C. Yesus menyebut Perempuan itu sebagai Anjing

Miris sekali mendengar perkataan Yesus seperti dalam ayat 27 dan 28? Yesus memberitahukan kepada ibu itu dan tentu saja murid-murid Yesus dan orang lain juga ada di sana bahwa, makanan utama yang “fresh” biarlah untuk orang Yahudi dan sisa-sisanya bagi non-Yahudi. Kalimat berikutnya lebih tajam lagi ketika Yesus mengatakan, “tidak patut (tidak layak) seekor anjing makan makanan yang bukan miliknya.”

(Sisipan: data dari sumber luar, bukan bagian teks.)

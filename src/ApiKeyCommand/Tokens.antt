-- ===== src/ApiKeyCommand/Tokens.antt =====
-- A new token is one that the server accepts, until its key is revoked.
use playwright_distributed.Http.Auth.{is_blank}
use playwright_distributed.Db.Driver.Queries.{statement_ok}
use playwright_distributed.Base.{
  Result, ok, err, ℕ, ◌+◌, ◌*◌, ◌/◌, ◌%◌, ◌≡◌, refl, ap, ◌∙◌, ◌≢◌, inl, inr, Bool, true, false,
  ◌||◌, none, some, [], ◌∷◌, ◌++◌, arith, ◌==◌, Bool-cases, any, All, any-false, Bytes, codes,
  is_empty, bytes_eq,
}
use playwright_distributed.ApiKeyCommand.{
  name_required, done, stopped, url_char, encode_raw_url, generate_token, key_params, cleaned_up,
  inserted, create,
}
use playwright_distributed.Http.Auth.Bearer.{IsBearer}
use playwright_distributed.Db.Models.{ApiKey, Database}
use playwright_distributed.Db.Driver.{World, statement}
use playwright_distributed.Db.ApiKeys.{InsertApiKeyParams, insert_api_key}

url_char_shown : (i : ℕ) → is_blank (url_char i) ≡ false
url_char_shown i = ground arith

encode_shown : (bytes : Bytes) → All (λ c. is_blank c ≡ false) (encode_raw_url bytes)
unfolding encode_raw_url
encode_shown [] = tt
encode_shown (a ∷ []) = (url_char_shown (a / 4), (url_char_shown (a % 4 * 16), tt))
encode_shown (a ∷ b ∷ []) = (
  url_char_shown (a / 4),
  (url_char_shown (a % 4 * 16 + b / 16), (url_char_shown (b % 16 * 4), tt)),
)
encode_shown (a ∷ b ∷ c ∷ rest) = (
  url_char_shown (a / 4),
  (
    url_char_shown (a % 4 * 16 + b / 16),
    (url_char_shown (b % 16 * 4 + c / 64), (url_char_shown (c % 64), encode_shown rest)),
  ),
)

encode_not_empty :
    (bytes : Bytes) → is_empty bytes ≡ false → is_empty (encode_raw_url bytes) ≡ false
unfolding encode_raw_url
encode_not_empty [] h = h
encode_not_empty (a ∷ []) h = refl
encode_not_empty (a ∷ b ∷ []) h = refl
encode_not_empty (a ∷ b ∷ c ∷ rest) h = refl

-- The header that a client sends with a token.
abbrev pub header : Bytes → Bytes
header token = codes "Bearer" ++ (32 ∷ token)

pub header-IsBearer :
    (random : Bytes)
    → is_empty random ≡ false
    → IsBearer (header (generate_token random)) (generate_token random)
header-IsBearer random n = record {
  scheme = codes "Bearer";
  rest = encode_raw_url random;
  is_scheme = refl;
  parts = refl;
  has_prefix = refl;
  not_empty = encode_not_empty random n;
  no_blank = (refl, (refl, (refl, (refl, encode_shown random))));
}

-- What an insert that succeeds did.
pub record IsInserted (now : ℕ) (p : InsertApiKeyParams) (db : Database) (key : ApiKey)
    : Type 0 where
  pub same_id : key.id ≡ p.id
  pub same_hash : key.hash ≡ p.hash
  pub unrevoked : key.revoked_at ≡ none
  pub is_new : All (λ k. ((k.id == p.id) || bytes_eq k.hash p.hash) ≡ false) db.api_keys
  pub tables : (insert_api_key now p db).1 ≡ record db { api_keys = db.api_keys ++ (key ∷ []) }

pub insert-IsInserted :
    (now : ℕ) (p : InsertApiKeyParams) (db : Database) (key : ApiKey)
    → (insert_api_key now p db).0 ≡ ok key
    → IsInserted now p db key
unfolding insert_api_key
insert-IsInserted now p db key h =
    elim (Bool-cases (any (λ k. (k.id == p.id) || bytes_eq k.hash p.hash) db.api_keys)) [
      | inl e ↦ absurd (ground arith)
      | inr e ↦ record {
        same_id = ground arith;
        same_hash = ground arith;
        unrevoked = ground arith;
        is_new = any-false (λ k. (k.id == p.id) || bytes_eq k.hash p.hash) db.api_keys e;
        tables = ground arith;
      }
    ]

cleaned_up-not_done : (r : Result (Unit {0}) × World) (key : ApiKey) → (cleaned_up r).0 ≢ done key
unfolding cleaned_up
cleaned_up-not_done (ok u, w) key h = cc
cleaned_up-not_done (err e, w) key h = cc

inserted-done :
    (prints : Bool) (r : Result ApiKey × World) (key : ApiKey)
    → (inserted prints r).0 ≡ done key
    → (r.0 ≡ ok key) × ((inserted prints r).1 ≡ r.1)
unfolding inserted
inserted-done prints (err e, w) key h = cc
inserted-done true (ok k, w) key h = (ground arith, refl)
inserted-done false (ok k, w) key h = absurd (cleaned_up-not_done _ key h)

-- What Create has done when it returns a key.
pub create-done :
    (trim_space sha : Bytes → Bytes) (now id : ℕ) (name random : Bytes) (prints : Bool) (w : World)
    (key : ApiKey)
    → (create trim_space sha now id name (some random) prints w).0 ≡ done key
    → IsInserted now (key_params sha id (trim_space name) (generate_token random)) w.db key
      × ((create trim_space sha now id name (some random) prints w).1.db
          ≡ record w.db { api_keys = w.db.api_keys ++ (key ∷ []) })
unfolding create
create-done trim_space sha now id name random prints w key h =
    let p = key_params sha id (trim_space name) (generate_token random) in
    elim (Bool-cases (is_empty (trim_space name))) [
      | inl e ↦ let q : stopped name_required ≡ done key = rw (create, e) at h in cc
      | inr e ↦
          let g : (inserted prints (statement (insert_api_key now p) w)).0 ≡ done key =
            rw (create, e) at h in
          let (hit, same) = inserted-done prints _ key g in
          let (ran, kept) = statement_ok (insert_api_key now p) w key hit in
          let i = insert-IsInserted now p w.db key ran in
          (i, rw e (ap (λ x. x.db) same ∙ kept ∙ i.tables))
    ]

Frasa “anjing” di sini berasal dari kata “kunarion” atau anjing kecil yang masuk dalam kategori anjing peliharaan dan bukan anjing liar. Mendengar hal ini mungkin pembaca sedikit terhibur karena merasa lumayan disebut anjing peliharaan dari seorang tuan yang baik, atau menganggap diri anjing yang lucu sehingga rela dikatakan sebagai seekor anjing kecil. Namun, anjing tetaplah anjing, baik liar maupun peliharaan, esensinya tetaplah seekor anjing.

Membaca bagian ini kita perlu melihat konteksnya dan memahami Yesus secara utuh. Kesengajaan Yesus menuju Tirus dan Sidon dan bersembunyi di sebuah rumah tentu memiliki maksud dan tujuannya, salah satu tentunya adalah menolong anak ibu ini yang sedang kerasukan setan, sebab peristiwa yang berkesan dalam catatan Matius dan Markus hanyalah kisah perempuan Siro-Fenesia ini. Hal yang dapat kita lihat dari peristiwa ini keistemewaan ibu ini yang ingin ditunjukkan Yesus kepada orang-orang Yahudi.

D. Keistimewaan Perempuan Siro-Fenesia

Keistimewaan ibu ini yang ditunjukkan pada ayat 28 terletak kepada “kerendahan hatinya”. Kerendahan hati yang saya maksud di dalamnya adalah kebesaran jiwa dan kesadaran diri di hadapan Tuhan, karena itu Tuhan pun tersentuh terhadap sikap ibu ini dan memberikan roti, bukan remah-remah kepada perempuan itu.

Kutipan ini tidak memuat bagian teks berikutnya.